Dans la lignée de Terre de rêves, de L'Orme du Caucase, et peut-être plus encore du Gourmet solitaire, Taniguchi nous emmène dans le sillage d'un homme ordinaire. Quoique... Est-il si ordinaire que cela, cet homme marié, qui travaille, mais qui prend le temps de vivre, dont les déambulations quotidiennes vont à contre-courant du mode de vie des salary men qui fut un temps glorifié (car on voit bien aujourd'hui à travers les films de Kore-eda, par exemple, que ce mode de vie est loin d'être un modèle pour tous) ? Cet homme-là sait profiter d'un rien, regarder autour de lui, s'émerveiller d'une bagatelle.

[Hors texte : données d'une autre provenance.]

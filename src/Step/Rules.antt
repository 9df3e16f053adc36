-- ===== src/Step/Rules.antt =====
-- How to reason about a run: what holds of every mount on its trail, and what holds at its end.
use kernelbuild_buildkit.Common.{
  Bool, true, false, List, [], ◌∷◌, ◌++◌, ◌≡◌, refl, All, append-nil, if◌then◌else◌, ◌⊎◌, inl, inr,
}
use kernelbuild_buildkit.Step.Mount.{Mount}
use kernelbuild_buildkit.Step.Run.{Outcome, done, failed, Run, M, after, continue, ◌>>=◌}

abbrev pub Ends : {A : Type 0} → (A → Mount → Type 0) → Outcome A → Mount → Type 0
Ends Q (done a) m = Q a m
Ends Q (failed e) m = Unit

-- Every mount on the trail satisfies `T`, and a run that succeeds ends in `Q`.
pub record Meets {A : Type 0} (T : Mount → Type 0) (Q : A → Mount → Type 0) (r : Run A)
    : Type 0 where
  pub along : All T r.trail
  pub ends : Ends Q r.outcome r.mount

-- The mounts that a killed runner can leave: all of the trail, but the last one of a success.
abbrev pub before_last : {A : Type 0} → List A → List A
before_last [] = []
before_last (x ∷ []) = []
before_last (x ∷ y ∷ xs) = x ∷ before_last (y ∷ xs)

abbrev pub unfinished : {A : Type 0} → Outcome A → List Mount → List Mount
unfinished (done a) t = before_last t
unfinished (failed e) t = t

pub record MeetsUntilLast {A : Type 0} (T : Mount → Type 0) (Q : A → Mount → Type 0) (r : Run A)
    : Type 0 where
  pub along : All T (unfinished r.outcome r.trail)
  pub ends : Ends Q r.outcome r.mount

pub All-append : (T : Mount → Type 0) (xs ys : List Mount) → All T xs → All T ys → All T (xs ++ ys)
All-append T [] ys h k = k
All-append T (x ∷ xs) ys (h, hs) k = (h, All-append T xs ys hs k)

All-before_last : (T : Mount → Type 0) (xs : List Mount) → All T xs → All T (before_last xs)
All-before_last T [] h = h
All-before_last T (x ∷ []) h = tt
All-before_last T (x ∷ y ∷ xs) (h, hs) = (h, All-before_last T (y ∷ xs) hs)

before_last-append :
    (T : Mount → Type 0) (xs ys : List Mount)
    → All T xs
    → All T (before_last ys)
    → All T (before_last (xs ++ ys))
before_last-append T [] ys h k = k
before_last-append T (x ∷ []) [] h k = tt
before_last-append T (x ∷ []) (y ∷ ys) (h, _) k = (h, k)
before_last-append T (x ∷ z ∷ xs) ys (h, hs) k = (h, before_last-append T (z ∷ xs) ys hs k)

module _ {B : Type 0} (T : Mount → Type 0) (R : B → Mount → Type 0) where
  Meets-after : (t : List Mount) (r : Run B) → All T t → Meets T R r → Meets T R (after t r)
  Meets-after t r h k = record { along = All-append T t r.trail h k.along; ends = k.ends }

  unfinished-append :
      (o : Outcome B) (t s : List Mount)
      → All T t
      → All T (unfinished o s)
      → All T (unfinished o (t ++ s))
  unfinished-append (done b) t s h k = before_last-append T t s h k
  unfinished-append (failed e) t s h k = All-append T t s h k

  MeetsUntilLast-after :
      (t : List Mount) (r : Run B) → All T t → MeetsUntilLast T R r → MeetsUntilLast T R (after t r)
  MeetsUntilLast-after t r h k = record {
    along = unfinished-append r.outcome t r.trail h k.along;
    ends = k.ends;
  }

  -- A run that meets `T` all along and may go on, or does so until its last change and is at its end.
  abbrev pub MeetsEither : (B → Mount → Type 0) → Run B → Type 0
  MeetsEither S r = Meets T R r ⊎ MeetsUntilLast T S r

module _ {A B : Type 0} (T : Mount → Type 0) where
  pub Meets->>= :
      (Q : A → Mount → Type 0) (R : B → Mount → Type 0) (p : M A) (f : A → M B) (m : Mount)
      → Meets T Q (p m)
      → ((a : A) (n : Mount) → Q a n → Meets T R (f a n))
      → Meets T R ((p >>= f) m)
  Meets->>= Q R p f m h k = by_outcome (p m).outcome (p m).mount (p m).trail h.along h.ends
    where
      by_outcome :
          (o : Outcome A) (n : Mount) (t : List Mount)
          → All T t
          → Ends Q o n
          → Meets T R (continue o n t f)
      by_outcome (done a) n t al en = Meets-after T R t (f a n) al (k a n en)
      by_outcome (failed e) n t al en = record { along = al; ends = tt }

  pub MeetsUntilLast->>= :
      (Q : A → Mount → Type 0) (R : B → Mount → Type 0) (p : M A) (f : A → M B) (m : Mount)
      → Meets T Q (p m)
      → ((a : A) (n : Mount) → Q a n → MeetsUntilLast T R (f a n))
      → MeetsUntilLast T R ((p >>= f) m)
  MeetsUntilLast->>= Q R p f m h k = by_outcome (p m).outcome (p m).mount (p m).trail h.along h.ends
    where
      by_outcome :
          (o : Outcome A) (n : Mount) (t : List Mount)
          → All T t
          → Ends Q o n
          → MeetsUntilLast T R (continue o n t f)
      by_outcome (done a) n t al en = MeetsUntilLast-after T R t (f a n) al (k a n en)
      by_outcome (failed e) n t al en = record { along = al; ends = tt }

  pub MeetsEither->>= :
      (Q : A → Mount → Type 0) (R S : B → Mount → Type 0) (p : M A) (f : A → M B) (m : Mount)
      → Meets T Q (p m)
      → ((a : A) (n : Mount) → Q a n → MeetsEither T R S (f a n))
      → MeetsEither T R S ((p >>= f) m)
  MeetsEither->>= Q R S p f m h k = by_outcome (p m).outcome (p m).mount (p m).trail h.along h.ends
    where
      by_outcome :
          (o : Outcome A) (n : Mount) (t : List Mount)
          → All T t
          → Ends Q o n
          → MeetsEither T R S (continue o n t f)
      by_outcome (done a) n t al en = elim (k a n en) [
        | inl h ↦ inl (Meets-after T R t (f a n) al h)
        | inr h ↦ inr (MeetsUntilLast-after T S t (f a n) al h)
      ]
      by_outcome (failed e) n t al en = inl (record { along = al; ends = tt })

  -- After a run that came to its end, what follows changes nothing.
  pub MeetsUntilLast-idle :
      (S : A → Mount → Type 0) (R : B → Mount → Type 0) (p : M A) (f : A → M B) (m : Mount)
      → MeetsUntilLast T S (p m)
      → ((a : A) (n : Mount)
          → S a n
          → (b : B) × ((f a n ≡ record { outcome = done b; mount = n; trail = [] }) × R b n))
      → MeetsUntilLast T R ((p >>= f) m)
  MeetsUntilLast-idle S R p f m h k =
      by_outcome (p m).outcome (p m).mount (p m).trail h.along h.ends
    where
      by_outcome :
          (o : Outcome A) (n : Mount) (t : List Mount)
          → All T (unfinished o t)
          → Ends S o n
          → MeetsUntilLast T R (continue o n t f)
      by_outcome (done a) n t al en =
          let q = k a n en in rw (q.1.0, append-nil t) (record { along = al; ends = q.1.1 })
      by_outcome (failed e) n t al en = record { along = al; ends = tt }

module _ {A : Type 0} (T : Mount → Type 0) (Q : A → Mount → Type 0) where
  -- A run that meets `T` all along does so until its last change.
  pub Meets-until_last : (r : Run A) → Meets T Q r → MeetsUntilLast T Q r
  Meets-until_last r h = record { along = by_outcome r.outcome; ends = h.ends }
    where
      by_outcome : (o : Outcome A) → All T (unfinished o r.trail)
      by_outcome (done a) = All-before_last T r.trail h.along
      by_outcome (failed e) = h.along

  pub Meets-mono :
      (S : Mount → Type 0) (R : A → Mount → Type 0) (r : Run A)
      → ((m : Mount) → T m → S m)
      → ((a : A) (m : Mount) → Q a m → R a m)
      → Meets T Q r
      → Meets S R r
  Meets-mono S R r f g h = record { along = all r.trail h.along; ends = at_end r.outcome h.ends }
    where
      all : (t : List Mount) → All T t → All S t
      all [] k = tt
      all (m ∷ t) (k, ks) = (f m k, all t ks)

      at_end : (o : Outcome A) → Ends Q o r.mount → Ends R o r.mount
      at_end (done a) k = g a r.mount k
      at_end (failed e) k = tt

  pub Meets-if :
      (b : Bool) (p q : Run A)
      → (b ≡ true → Meets T Q p)
      → (b ≡ false → Meets T Q q)
      → Meets T Q (if b then p else q)
  Meets-if true p q h k = h refl
  Meets-if false p q h k = k refl

All-mono : (T S : Mount → Type 0) (t : List Mount) → ((m : Mount) → T m → S m) → All T t → All S t
All-mono T S [] f h = tt
All-mono T S (m ∷ t) f (h, hs) = (f m h, All-mono T S t f hs)

pub MeetsUntilLast-mono :
    {A : Type 0}
    → (T S : Mount → Type 0) (Q : A → Mount → Type 0) (r : Run A) → ((m : Mount) → T m → S m)
    → MeetsUntilLast T Q r
    → MeetsUntilLast S Q r
MeetsUntilLast-mono T S Q r f h = record {
  along = All-mono T S (unfinished r.outcome r.trail) f h.along;
  ends = h.ends;
}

Le seul défaut que j'ai trouvé à cet album, tout en poésie subtile de la vie ordinaire, c'est le style très classique de Taniguchi. Que ce soit dans son découpage, dans sa mise en page, dans son dessin très minutieux, dans l'utilisation du noir et blanc, tout est très lisse, trop lisse. J'aurais aimé voir Taniguchi sortir de sa zone de confort et se laisser aller, à l'image de son personnage. Bon, ce style, c'est aussi ce que beaucoup de lecteurs aiment chez lui et qui ne me plaît jamais tout à fait dans ses albums, mais j'ai fini par m'y habituer...


Revenons donc à notre personnage d'homme qui marche. le temps qu'il prend, il le met à profit pour regarder, littéralement, la vie autrement : ainsi la paire de lunettes cassée deviendra pour lui devient le moyen de voir ceux et ce qui l'entoure d'une façon complètement nouvelle. Il y a même quelque chose de transgressif dans la démarche de cet homme dont on ne sait quasiment rien, sinon qu'il vient de déménager et que lui et sa femme vont adopter le chien abandonné par les anciens propriétaires (car Taniguchi tient à rappeler de temps à autre de quelle façon les êtres humains traitent leurs animaux de compagnie). Non seulement il ne passe pas sa vie à courir, non seulement il marche au lieu de passer des heures au volant, non seulement il apprend à regarder, mais il peut aussi, sans crier gare, en rentrant de promenade, décider d'aller se baigner de nuit dans un piscine fermée au public - alors que les Japonais sont très stricts sur l'observance des lois, rappelons-le.


Baignade nocturne, coquillage trouvé dans le jardin et rendu à la mer, lunettes de bric et de broc, maison pour oiseau réparée, promenade tranquille sous une averse, promenade avec son chien pieds nus dans l'eau, rencontre cocasse avec une poule sur une palissade, course effrénée pour monter les escaliers d'un immeuble : notre personnage retrouve, dans ses déambulations et péripéties du quotidien, petit à petit, jour après jour, un petit brin d'enfance.